3.4. MG132 increases NAG-1 mRNA stability

MG132 increased NAG-1 promoter luciferase activity 20-fold above that of the DMSO (Fig. 3C), whereas NAG-1 mRNA induction by MG132 increased more than 100-fold (Fig. 2A, D), suggesting that other mechanisms may be involved in MG132-induced NAG-1 mRNA/protein expression. MG132 has been reported to regulate adenylate/uridylate-rich elements (AREs)-containing mRNAs such as p21WAF1/CIP1 by increasing mRNA stability [16]. NAG-1 contains four AUUUA motifs in its 3′ untranslated region that may destabilize NAG-1 mRNA [12]. The effect of MG132 on NAG-1 mRNA stability was examined with the transcription inhibitor actinomycin D. The half-life of NAG-1 mRNA was estimated to be approximately 1.5 h in DMSO-treated cells.

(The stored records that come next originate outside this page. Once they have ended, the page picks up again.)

-- ===== src/Coder.antt =====
-- solidity/coder.js of src/console/jsre/deps/web3.js, with encode and decode of solidity/type.js:
-- parameters of calls to words of 64 hexadecimal digits and back. `none` is an exception. An offset is
-- `none` where it is no number, or comes from a text that is divided by two; the latter is used only
-- for arrays nested three deep. Numbers keep their value above 2 ^ 53, where doubles round.
pub mod Encode
pub mod Decode
pub mod Layout
pub mod Items
pub mod Arrays
pub mod Texts
pub mod Samples
pub mod Params
pub mod RoundTrip
pub mod Disagreement
mod Tests
pub mod Reading
use ultron.Prelude.{
  ℕ, zero, suc, ◌+◌, ◌-◌, ◌*◌, ◌/◌, ◌^◌, Bool, true, false, Option, none, some, List, [], ◌∷◌, ◌++◌,
  if◌then◌else◌, length, get_elem?, drop, ◌==◌,
}
use mathlib.Core.Option
use ultron.Prelude.Int.{pos}
use ultron.Text.{Text, codes, substr, is_digit, all}
use ultron.Text.Number.{number_text, int}
use ultron.Text.Radix.{value, is_digit_of, digits}
use ultron.Utils.{number}
use ultron.Value.{
  Value, Values, undefined, null, bool, num, str, big, function, arr, obj, nil, cons, get, items,
  truthy,
}
use ultron.Messages.{Runtime, to_input, to_hex_value, ◌>>=◌}
use ultron.Abi
use ultron.Abi.{
  Kind, nested_name, is_dynamic_array, is_static_array, static_array_length, static_part_length,
  nested_types, is_dynamic, is_dynamic_type, require_type,
}
use ultron.Formatters.{
  SolidityParam, word, static_param, with_length, fill_words, format_input_int, format_input_bool,
  format_input_string, format_input_real, format_output_address, format_output_bool,
  format_output_int, format_output_uint, format_output_dynamic_bytes, format_output_bytes,
  format_output_string, format_output_real, format_output_ureal,
}

-- Other projects' code: that of a Runtime, the decoder of utf8, and new BigNumber(2).pow(128).
pub record Libraries : Type 1 where
  pub runtime : Runtime
  pub utf8_decode : Text → Text
  pub unit : runtime.big_number.Big

-- What encode gives: a text, or an array of such.
mutual
  pub data Encoded : Type 0 where
    text : Text → Encoded
    list : Encodeds → Encoded

  pub data Encodeds : Type 0 where
    empty : Encodeds
    next : Encoded → Encodeds → Encodeds

-- +text || 0, for a text of hexadecimal digits: decimal, with an exponent or without.
abbrev pub before_e : Text → Text
before_e [] = []
before_e (c ∷ s) = if c == b'e' then [] else c ∷ before_e s

abbrev pub number_of_parts : Text → Text → ℕ
number_of_parts mantissa [] = if all is_digit mantissa then value 10 mantissa else 0
number_of_parts [] (e ∷ exponent) = 0
number_of_parts (c ∷ mantissa) (e ∷ []) = 0
number_of_parts (c ∷ mantissa) (e ∷ d ∷ exponent) =
    if all is_digit (c ∷ mantissa)
    then if all is_digit (d ∷ exponent)
      then value 10 (c ∷ mantissa) * 10 ^ value 10 (d ∷ exponent)
      else 0
    else 0

unfoldable pub number_of_text : Text → ℕ
unfolding value
number_of_text s = number_of_parts (before_e s) (drop (length (before_e s)) s)

-- +encoded[0] || 0; the first character of a text.
unfoldable pub first_number : Encoded → ℕ
unfolding number_of_text
first_number (text []) = 0
first_number (text (c ∷ s)) = number_of_text (c ∷ [])
first_number (list empty) = 0
first_number (list (next (text s) rest)) = number_of_text s
first_number (list (next (list es) rest)) = 0

-- parseInt('0x' + s), `none` for NaN.
abbrev pub hex_prefix : Text → Text
hex_prefix [] = []
hex_prefix (c ∷ s) = if is_digit_of 16 c then c ∷ hex_prefix s else []

unfoldable pub number_or_nan : Text → Option ℕ
unfolding value
number_or_nan [] = none
number_or_nan (c ∷ s) = some (value 16 (c ∷ s))

unfoldable pub read_number : Text → Option ℕ
unfolding number_or_nan
read_number s = number_or_nan (hex_prefix s)

-- Where substr starts: NaN counts as 0.
abbrev pub start_at : Option ℕ → ℕ
start_at none = 0
start_at (some n) = n

abbrev pub add_to : Option ℕ → ℕ → Option ℕ
add_to none n = none
add_to (some m) n = some (m + n)

-- Math.floor((n + 31) / 32)
abbrev pub words_of : ℕ → ℕ
words_of n = (n + 31) / 32

-- Math.floor((n + 31) / 32) * 32
abbrev pub rounded : ℕ → ℕ
rounded n = words_of n * 32

-- The brackets of a name, and the name itself.
unfoldable pub depth_of : Text → ℕ
unfolding nested_types
depth_of name = suc (length (nested_types name))

module _ (lib : Libraries) where
  open lib use {runtime, utf8_decode, unit}
  open lib.runtime use {big_number, utf8_encode}
  open lib.runtime.big_number use {Big, of_text}

  -- new BigNumber(value)
  abbrev pub new_big : Value Big → Big
  unfolding number_text
  new_big (big x) = x
  new_big (num z) = of_text 10 (number_text (int z))
  new_big (str s) = of_text 10 s
  new_big (bool true) = of_text 10 (codes "true")
  new_big (bool false) = of_text 10 (codes "false")
  new_big undefined = of_text 10 (codes "undefined")
  new_big null = of_text 10 (codes "null")
  new_big _ = of_text 10 (codes "NaN")

  -- What utf8.encode reads: it takes the length of its argument, and the codes of its characters.
  abbrev pub characters : Value Big → Option Text
  characters (str s) = some s
  characters undefined = none
  characters null = none
  characters (arr (cons v vs)) = none
  characters _ = some []

  -- this._inputFormatter(value, name)
  unfoldable pub input_formatter : Kind → Value Big → Option SolidityParam
  unfolding truthy to_input to_hex_value
  input_formatter Abi.address v = format_input_int big_number (to_input runtime v)
  input_formatter Abi.bool v = some (format_input_bool big_number (truthy v))
  input_formatter Abi.int v = format_input_int big_number (to_input runtime v)
  input_formatter Abi.uint v = format_input_int big_number (to_input runtime v)
  input_formatter Abi.dynamic_bytes v = with_length big_number (drop 2 (to_hex_value runtime v))
  input_formatter Abi.bytes v =
      Option.map static_param (fill_words big_number (drop 2 (to_hex_value runtime v)))
  input_formatter Abi.string v = do s ← characters v; format_input_string big_number utf8_encode s
  input_formatter Abi.real v = format_input_real big_number unit (new_big v)
  input_formatter Abi.ureal v = format_input_real big_number unit (new_big v)

  -- this._outputFormatter(param, name)
  unfoldable pub output_formatter : Kind → SolidityParam → Text → Option (Value Big)
  output_formatter Abi.address p name = Option.map str (format_output_address big_number p)
  output_formatter Abi.bool p name = Option.map bool (format_output_bool big_number p)
  output_formatter Abi.int p name = Option.map big (format_output_int big_number p)
  output_formatter Abi.uint p name = Option.map big (format_output_uint big_number p)
  output_formatter Abi.dynamic_bytes p name = some (str (format_output_dynamic_bytes big_number p))
  output_formatter Abi.bytes p name = Option.map str (format_output_bytes big_number p name)
  output_formatter Abi.string p name = some (str (format_output_string big_number utf8_decode p))
  output_formatter Abi.real p name = Option.map big (format_output_real big_number unit p)
  output_formatter Abi.ureal p name = Option.map big (format_output_ureal big_number unit p)
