-- ===== src/Formatters/Numbers.antt =====
-- Numbers of web3.js through a word of 64 hexadecimal digits and back.
use ultron.Prelude.{
  ℕ, zero, suc, ◌-◌, ◌^◌, ◌<◌, ◌≤◌, ◌≡◌, ◌≢◌, refl, ap, ◌∙◌, Bool, true, false, some, [], ◌∷◌, ◌++◌,
  arith, length, length-append, length-replicate, replicate, leb,
}
use ultron.Prelude.Int.{ℤ, pos, negsuc, ◌+ℤ◌, ltb_ℤ}
use ultron.Text.{Text, codes, all}
use ultron.Text.Radix.{
  value, value_from, value-zeros, value-digits, digits, digits-all, length-digits,
  length-digits_pos, is_digit_of, is_canonical,
}
use ultron.Text.Slices.{all-append}
use ultron.Text.Number.{number_text, negate}
use ultron.BigNumber.{BigNumber, IsExact}
use ultron.Utils.{number, to_big_number, to_twos_complement, pad_left}
use ultron.Formatters.{word}

-- 2 ^ 256 and 2 ^ 252, as words of hexadecimal digits have them.
abbrev pub word_mod : ℕ
word_mod = 2 ^ 256

abbrev pub digit_mod : ℕ
digit_mod = 2 ^ 252

-- What stands in the word for an integer.
abbrev pub wrap : ℤ → ℕ
wrap (pos n) = n
wrap (negsuc n) = word_mod - 1 - n

-- The magnitudes that fit a word.
abbrev pub Fits : ℤ → Type 0
Fits (pos n) = n < word_mod
Fits (negsuc n) = n < word_mod

pub wrap-lt : (z : ℤ) → Fits z → wrap z < word_mod
wrap-lt (pos n) h = h
wrap-lt (negsuc n) h = omega arith

all-replicate : (p : ℕ → Bool) (n c : ℕ) → p c ≡ true → all p (replicate n c) ≡ true
all-replicate p zero c h = refl
all-replicate p (suc n) c h = rw (h, all-replicate p n c h)

all-is_digit_of :
    (base : ℕ) (s : Text) → all (is_canonical base) s ≡ true → all (is_digit_of base) s ≡ true
all-is_digit_of base [] h = refl
all-is_digit_of base (c ∷ s) h = ground (arith, all-is_digit_of base s)

pub nonempty : (s : Text) → 0 < length s → s ≢ []
nonempty [] p e = absurd (omega arith)
nonempty (c ∷ s) p e = cc

-- The digits of `n`, with zeros in front to 64.
abbrev pub padded : ℕ → Text
padded n = replicate (64 - length (digits 16 n)) b'0' ++ digits 16 n

pub length-padded : (n : ℕ) → n < word_mod → length (padded n) ≡ 64
length-padded n h = omega (
  arith,
  length-append (replicate (64 - length (digits 16 n)) b'0') (digits 16 n),
  length-replicate {A = ℕ} (64 - length (digits 16 n)) b'0',
  length-digits 16 n 64 (omega arith) (omega arith) h,
)

pub padded-all : (n : ℕ) → all (is_digit_of 16) (padded n) ≡ true
padded-all n = rw (
  all-append (is_digit_of 16) (replicate (64 - length (digits 16 n)) b'0') (digits 16 n),
  all-replicate (is_digit_of 16) (64 - length (digits 16 n)) b'0' refl,
  all-is_digit_of 16 (digits 16 n) (digits-all 16 n (omega arith) (omega arith)),
)

pub padded-value : (n : ℕ) → value 16 (padded n) ≡ n
padded-value n =
    value-zeros 16 (64 - length (digits 16 n)) (digits 16 n)
    ∙ value-digits 16 n (omega arith) (omega arith)

le→leb : (m n : ℕ) → m ≤ n → leb m n ≡ true
le→leb m n h = ground arith

not-negative : (n : ℕ) → ltb_ℤ (pos n) (pos 0) ≡ false
not-negative n = ground arith

negative : (n : ℕ) → ltb_ℤ (negsuc n) (pos 0) ≡ true
negative n = ground arith

wrap_sum : (n : ℕ) → n < word_mod → pos (word_mod - 1) +ℤ negsuc n +ℤ pos 1 ≡ pos (wrap (negsuc n))
unfolding ◌+ℤ◌
wrap_sum n h = ground arith

module _ (b : BigNumber) (exact : IsExact b) where
  pub of_digits :
      (base n : ℕ) → 2 ≤ base → base ≤ 36 → b.of_text base (digits base n) ≡ exact.of_int (pos n)
  of_digits base n h k =
      exact.of_text-value base (digits base n) h k
        (nonempty (digits base n) (length-digits_pos base n))
        (all-is_digit_of base (digits base n) (digits-all base n h k))
      ∙ ap (λ (m : ℕ). exact.of_int (pos m)) (value-digits base n h k)

  pub of_one : b.of_text 10 (codes "1") ≡ exact.of_int (pos 1)
  unfolding value value_from
  of_one = exact.of_text-value 10 (codes "1") (omega arith) (omega arith) (cc) refl

  pub to_big_number-number : (z : ℤ) → to_big_number b (number z) ≡ exact.of_int z
  unfolding to_big_number number_text
  to_big_number-number (pos n) = of_digits 10 n (omega arith) (omega arith)
  to_big_number-number (negsuc n) =
      exact.of_text-negative 10 (digits 10 (suc n)) (omega arith) (omega arith)
        (nonempty (digits 10 (suc n)) (length-digits_pos 10 (suc n)))
        (all-is_digit_of 10 (digits 10 (suc n)) (digits-all 10 (suc n) (omega arith) (omega arith)))
      ∙ ap (λ (m : ℕ). exact.of_int (negate m))
          (value-digits 10 (suc n) (omega arith) (omega arith))

  pub all_ones : b.of_text 16 (replicate 64 b'f') ≡ exact.of_int (pos (word_mod - 1))
  unfolding value value_from
  all_ones = exact.of_text-value 16 (replicate 64 b'f') (omega arith) (omega arith) (cc) refl

  to_twos_complement-number :
      (z : ℤ) → Fits z → to_twos_complement b (number z) ≡ exact.of_int (pos (wrap z))
  unfolding to_twos_complement
  to_twos_complement-number (pos n) h = rw (
    to_big_number-number (pos n),
    exact.round_lem (pos n),
    exact.is_negative_lem (pos n),
    not-negative n,
  )
  to_twos_complement-number (negsuc n) h =
      rw
        (
          to_big_number-number (negsuc n),
          exact.round_lem (negsuc n),
          exact.is_negative_lem (negsuc n),
          negative n,
          all_ones,
          of_one,
          exact.plus_lem (pos (word_mod - 1)) (negsuc n),
          exact.plus_lem (pos (word_mod - 1) +ℤ negsuc n) (pos 1),
        )
        (ap exact.of_int (wrap_sum n h))

  pub word-number : (z : ℤ) → Fits z → word b (number z) ≡ some (padded (wrap z))
  unfolding word pad_left
  word-number z h =
      let short = length-digits 16 (wrap z) 64 (omega arith) (omega arith) (wrap-lt z h) in
      rw (
        to_twos_complement-number z h,
        exact.to_text-digits 16 (wrap z) (omega arith) (omega arith),
        le→leb (length (digits 16 (wrap z))) 65 (omega arith),
      )

  pub of_padded : (n : ℕ) → n < word_mod → b.of_text 16 (padded n) ≡ exact.of_int (pos n)
  of_padded n h =
      exact.of_text-value 16 (padded n) (omega arith) (omega arith)
        (nonempty (padded n) (omega (arith, length-padded n h))) (padded-all n)
      ∙ ap (λ (m : ℕ). exact.of_int (pos m)) (padded-value n)
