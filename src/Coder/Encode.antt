-- ===== src/Coder/Encode.antt =====
-- SolidityType.encode, encodeParams, encodeMultiWithOffset and encodeWithOffset of
-- src/console/jsre/deps/web3.js.
use ultron.Prelude.{
  ℕ, zero, suc, ◌+◌, ◌*◌, ◌/◌, Bool, true, false, Option, none, some, List, [], ◌∷◌, ◌++◌,
  if◌then◌else◌, length, get_elem?,
}
use mathlib.Core.Option
use ultron.Prelude.Int.{pos}
use ultron.Text.{Text}
use ultron.Text.Radix.{digits}
use ultron.Utils.{number}
use ultron.Value.{Value, undefined, null, str, arr, obj, get, items}
use ultron.Messages.{◌>>=◌}
use ultron.Abi.{
  Kind, nested_name, is_dynamic_array, is_static_array, static_array_length, static_part_length,
  is_dynamic, require_type,
}
use ultron.Formatters
use ultron.Formatters.{word}
use ultron.Coder.{
  Libraries, Encoded, Encodeds, text, list, empty, next, first_number, add_to, rounded, depth_of,
  input_formatter,
}

-- A param with its type, the kind of the type, and what encode gave for it.
pub record Entry : Type 0 where
  pub type : Text
  pub kind : Kind
  pub encoded : Encoded

-- The bytes of an entry in the static part of the encoding, and the sum of them.
unfoldable pub head_size : Entry → ℕ
unfolding is_dynamic static_part_length
head_size e = if is_dynamic e.kind e.type then 32 else rounded (static_part_length e.type)

unfoldable pub head_sizes : List Entry → ℕ
unfolding head_size
head_sizes [] = 0
head_sizes (e ∷ es) = head_size e + head_sizes es

-- A dynamic entry has its text behind the static part.
abbrev pub tail_text : Bool → Text → Text
tail_text true s = s
tail_text false s = []

-- dynamicOffset += e.length / 2
abbrev pub behind : Bool → ℕ → Text → ℕ
behind true offset s = offset + length s / 2
behind false offset s = offset

module _ (lib : Libraries) where
  open lib.runtime use {big_number}
  open lib.runtime.big_number use {Big}

  -- f.formatInputInt(n).encode()
  abbrev pub encode_number : ℕ → Option Text
  encode_number n = word big_number (number (pos n))

  -- value[i]: null and undefined have no properties.
  unfoldable pub item_at : Value Big → ℕ → Option (Value Big)
  unfolding get digits
  item_at undefined i = none
  item_at null i = none
  item_at (str s) i = elim (get_elem? s i) [ none ↦ some undefined | some c ↦ some (str (c ∷ [])) ]
  item_at (arr vs) i = elim (get_elem? (items vs) i) [ none ↦ some undefined | some v ↦ some v ]
  item_at (obj fs) i = some (get (digits 10 i) fs)
  item_at v i = some undefined

  module _ (encode_item : Value Big → Option Encoded) where
    -- value.forEach
    unfoldable pub encode_each : List (Value Big) → Option Encodeds
    encode_each [] = some empty
    encode_each (v ∷ vs) = do e ← encode_item v; es ← encode_each vs; some (next e es)

    -- The length as a number, and the items; only an array has forEach.
    unfoldable pub encode_dynamic : Value Big → Option Encoded
    unfolding encode_each
    encode_dynamic (arr vs) = do
      l ← encode_number (length (items vs))
      es ← encode_each (items vs)
      some (list (next (text l) es))
    encode_dynamic v = none

    -- The items from `i` on, `n` of them.
    unfoldable pub encode_items : ℕ → ℕ → Value Big → Option Encodeds
    unfolding item_at
    encode_items zero i v = some empty
    encode_items (suc n) i v = do
      w ← item_at v i
      e ← encode_item w
      es ← encode_items n (suc i) v
      some (next e es)

  -- this._inputFormatter(value, name).encode()
  unfoldable pub encode_plain : Kind → Value Big → Option Encoded
  unfolding input_formatter Formatters.encode
  encode_plain k v = do
    p ← input_formatter lib k v
    s ← Formatters.encode big_number p
    some (text s)

  -- encode, on fuel: one unit for each pair of brackets and one for the name.
  unfoldable pub encode : ℕ → Kind → Text → Value Big → Option Encoded
  unfolding encode_plain encode_dynamic encode_items nested_name is_dynamic_array is_static_array
      static_array_length
  encode zero k name v = none
  encode (suc fuel) k name v =
      let encode_item = encode fuel k (nested_name name) in
      if is_dynamic_array name
      then encode_dynamic encode_item v
      else if is_static_array name
      then Option.map list (encode_items encode_item (static_array_length name) 0 v)
      else encode_plain k v

  -- The offset of an array within an array.
  abbrev pub encode_offset : Option ℕ → Option Text
  encode_offset none = none
  encode_offset (some n) = encode_number n

  -- The loop over the nested arrays from index `i` on; `previous` is encoded[i - 1].
  unfoldable pub nested_offsets : Option ℕ → ℕ → ℕ → ℕ → Encoded → Encodeds → Option Text
  unfolding first_number
  nested_offsets offset size i previous_length previous empty = some []
  nested_offsets offset size i previous_length previous (next e es) = do
    let sum = previous_length + first_number previous
    o ← encode_offset (add_to offset (i * size + sum * 32))
    r ← nested_offsets offset size (suc i) sum e es
    some (o ++ r)

  unfoldable pub nested_offsets_of : Option ℕ → Text → ℕ → ℕ → Encoded → Encodeds → Option Text
  unfolding nested_offsets is_dynamic_array static_part_length
  nested_offsets_of offset nested i previous_length previous es =
      if is_dynamic_array nested
      then nested_offsets offset (static_part_length nested) i previous_length previous es
      else some []

  abbrev pub encode_rest : (Encoded → Option Text) → Encodeds → Option Text
  encode_rest f empty = some []
  encode_rest f (next e es) = do s ← f e; r ← encode_rest f es; some (s ++ r)

  -- The length first, then the offsets, then the items.
  abbrev pub dynamic_with_offset : (Encoded → Option Text) → Option ℕ → Text → Encoded → Option Text
  dynamic_with_offset f offset nested (list (next (text l) es)) = do
    o ← nested_offsets_of offset nested 1 2 (text l) es
    r ← encode_rest f es
    some (l ++ (o ++ r))
  dynamic_with_offset f offset nested e = none

  abbrev pub static_with_offset : (Encoded → Option Text) → Option ℕ → Text → Encoded → Option Text
  static_with_offset f offset nested (list es) = do
    o ← nested_offsets_of offset nested 0 0 (list empty) es
    r ← encode_rest f es
    some (o ++ r)
  static_with_offset f offset nested (text s) = none

  abbrev pub text_of : Encoded → Option Text
  text_of (text s) = some s
  text_of (list es) = none

  -- encodeWithOffset, on fuel as encode.
  unfoldable pub encode_with_offset : ℕ → Text → Encoded → Option ℕ → Option Text
  unfolding nested_name is_dynamic_array is_static_array
  encode_with_offset zero type e offset = none
  encode_with_offset (suc fuel) type e offset =
      let item = λ (e' : Encoded). encode_with_offset fuel (nested_name type) e' none in
      if is_dynamic_array type
      then dynamic_with_offset item offset (nested_name type) e
      else if is_static_array type
      then static_with_offset item offset (nested_name type) e
      else text_of e

  abbrev pub at_offset : Entry → ℕ → Option Text
  unfolding encode_with_offset
  at_offset e offset = encode_with_offset (depth_of e.type) e.type e.encoded (some offset)

  -- A dynamic entry has its offset in the static part.
  abbrev pub head_text : Bool → ℕ → Text → Option Text
  head_text true offset s = encode_number offset
  head_text false offset s = some s

  -- The first loop: what stands in the static part, and the offset behind it.
  unfoldable pub heads : ℕ → List Entry → Option (Text × ℕ)
  unfolding is_dynamic encode_with_offset
  heads offset [] = some ([], offset)
  heads offset (e ∷ es) = do
    s ← at_offset e offset
    h ← head_text (is_dynamic e.kind e.type) offset s
    (r, end) ← heads (behind (is_dynamic e.kind e.type) offset s) es
    some (h ++ r, end)

  -- The second loop: what the offsets point to.
  unfoldable pub tails : ℕ → List Entry → Option Text
  unfolding is_dynamic encode_with_offset
  tails offset [] = some []
  tails offset (e ∷ es) = do
    s ← at_offset e offset
    r ← tails (behind (is_dynamic e.kind e.type) offset s) es
    some (tail_text (is_dynamic e.kind e.type) s ++ r)

  unfoldable pub encode_multi_with_offset : ℕ → List Entry → Option Text
  unfolding heads tails
  encode_multi_with_offset offset es = do
    (h, end) ← heads offset es
    t ← tails end es
    some (h ++ t)

  abbrev pub first_param : List (Value Big) → Value Big
  first_param [] = undefined
  first_param (v ∷ vs) = v

  abbrev pub other_params : List (Value Big) → List (Value Big)
  other_params [] = []
  other_params (v ∷ vs) = vs

  -- One param for each type, undefined where there are too few.
  unfoldable pub entries : List Text → List (Value Big) → Option (List Entry)
  unfolding require_type encode
  entries [] vs = some []
  entries (t ∷ ts) vs = do
    k ← require_type t
    e ← encode (depth_of t) k t (first_param vs)
    es ← entries ts (other_params vs)
    some (record { type = t; kind = k; encoded = e } ∷ es)

  unfoldable pub encode_params : List Text → List (Value Big) → Option Text
  unfolding entries encode_multi_with_offset head_sizes
  encode_params types params = do
    es ← entries types params
    encode_multi_with_offset (head_sizes es) es

  unfoldable pub encode_param : Text → Value Big → Option Text
  unfolding encode_params
  encode_param type param = encode_params (type ∷ []) (param ∷ [])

After treatment with MG132, the half-life of NAG-1 mRNA increased dramatically to > 8 h (Fig. 3E). MG132 also stabilized NAG-1 mRNA in A172 cells (Supplementary Fig. 4). Thus, MG132 increased NAG-1 mRNA stability, which contributed to the increase in NAG-1 protein expression. Next, we explored specific AREs-binding proteins that contribute to MG132-mediated NAG-1 mRNA stability. HuR, an AREs-binding protein that stabilizes mRNA, is overexpressed in malignant gliomas [17]. HuR expression increased in both the nucleus and the cytoplasm of U87MG cells following MG132 treatment (Supplementary Fig. 5A). However, HuR knockdown did not alter NAG-1 expression level or NAG-1 mRNA stability (Supplementary Fig. 5B, C). Further studies will focus on which AREs-binding proteins are involved in MG132-induced stabilization of NAG-1 mRNA.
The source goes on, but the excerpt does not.